Back in 2008, Cathy Behr, a nurse who worked at a Durango, Colorado hospital was hospitalized after suffering a cascade of organ failures. Days earlier, Ms. Behr had treated an oil and gas field worker who arrived in the emergency room doused in a fracking chemical mix called Zeta-Flow, the fumes from which were so powerful that the emergency room had to be evacuated.
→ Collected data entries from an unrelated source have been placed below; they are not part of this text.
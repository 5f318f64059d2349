-- ===== src/Execution/Correlation/Tests.antt =====
-- Runs of the identifiers, and the hypotheses of the round trip at a concrete order.
use algo_trading.Common.{◌≡◌, refl, true, [], ◌∷◌}
use algo_trading.Models.{paper, ok, err, value_error}
use algo_trading.Execution.Correlation.{
  Text, token, initials, without_dashes, build_correlation_id, parse_correlation_id, is_paper,
}
use algo_trading.Execution.Correlation.RoundTrip.{
  result_of, parse_correlation_id-build_correlation_id,
}

-- "intraday_options"
abbrev runtime : Text
runtime =
    105 ∷ 110 ∷ 116 ∷ 114 ∷ 97 ∷ 100 ∷ 97 ∷ 121 ∷ 95 ∷ 111 ∷ 112 ∷ 116 ∷ 105 ∷ 111 ∷ 110 ∷ 115 ∷ []

-- "Rsi_50"
abbrev strategy : Text
strategy = 82 ∷ 115 ∷ 105 ∷ 95 ∷ 53 ∷ 48 ∷ []

-- "2026-07-29"
abbrev day : Text
day = 50 ∷ 48 ∷ 50 ∷ 54 ∷ 45 ∷ 48 ∷ 55 ∷ 45 ∷ 50 ∷ 57 ∷ []

-- "29-07-2026"
abbrev day_first : Text
day_first = 50 ∷ 57 ∷ 45 ∷ 48 ∷ 55 ∷ 45 ∷ 50 ∷ 48 ∷ 50 ∷ 54 ∷ []

-- "io", "rsi5" and "p_io_rsi5_20260729_0007"
abbrev runtime_token : Text
runtime_token = 105 ∷ 111 ∷ []

abbrev strategy_token : Text
strategy_token = 114 ∷ 115 ∷ 105 ∷ 53 ∷ []

abbrev identifier : Text
identifier =
    112 ∷ 95 ∷ 105 ∷ 111 ∷ 95 ∷ 114 ∷ 115 ∷ 105 ∷ 53 ∷ 95 ∷ 50 ∷ 48 ∷ 50 ∷ 54 ∷ 48 ∷ 55 ∷ 50 ∷ 57
    ∷ 95 ∷ 48 ∷ 48 ∷ 48 ∷ 55 ∷ []

built : build_correlation_id paper runtime strategy day 7 ≡ ok identifier
unfolding build_correlation_id
built = refl

-- A day written with its date first is refused, although it has eight digits.
day_first_refused : build_correlation_id paper runtime strategy day_first 7 ≡ err value_error
unfolding build_correlation_id
day_first_refused = refl

-- An identifier of more than 25 characters is refused.
too_long : build_correlation_id paper runtime strategy day 1000000 ≡ err value_error
unfolding build_correlation_id
too_long = refl

of_paper : is_paper identifier ≡ true
unfolding is_paper
of_paper = refl

runtime_known : initials 3 runtime ≡ ok runtime_token
unfolding initials
runtime_known = refl

strategy_known : token 4 strategy ≡ ok strategy_token
unfolding token
strategy_known = refl

parse_correlation_id-build_correlation_id_example :
    parse_correlation_id identifier
    ≡ ok (result_of paper runtime_token strategy_token (without_dashes day) 7)
parse_correlation_id-build_correlation_id_example =
    parse_correlation_id-build_correlation_id paper runtime strategy day runtime_token
      strategy_token identifier 7 runtime_known strategy_known built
All told, 130 gallons of the apparently noxious fluid had spilled onto the Southern Ute Indian Reservation, an EPA report later noted, although the spill was never reported to local officials.

So what's in Zeta-Flow? Because the formula for the chemical, marketed as increasing gas production by 30 percent, is considered a trade secret, oilfield services company Weatherford International was never required to make the full answer public.

This secrecy was one of the first issues to be raised by public health officials investigating fracking pollution claims, who pointed out that without knowing what chemicals are used by the industry, it’s difficult or impossible to know what toxins to test for.

So at first blush, it seems like a major development that Baker Hughes, a major oil field services company, has agreed to stop asserting that the ingredients in its fracking fluids are “trade secrets” when it voluntarily provides information on the website FracFocus.

Indeed, the Department of Energy recently lauded the move by Baker Hughes to voluntarily disclose the chemicals used in its fracking formulas without invoking the controversial exemption commonly claimed by drillers. Deputy Assistant Energy Secretary Paula Gant called Baker Hughes' move “an important step in building public confidence,” adding that the department “hopes others will follow their lead.”

But a look at the fine print on that promise — and the company’s track record on disclosures — suggests that Baker Hughes' new policy may not be enough to keep the public adequately informed about the chemicals used in its fracturing fluids.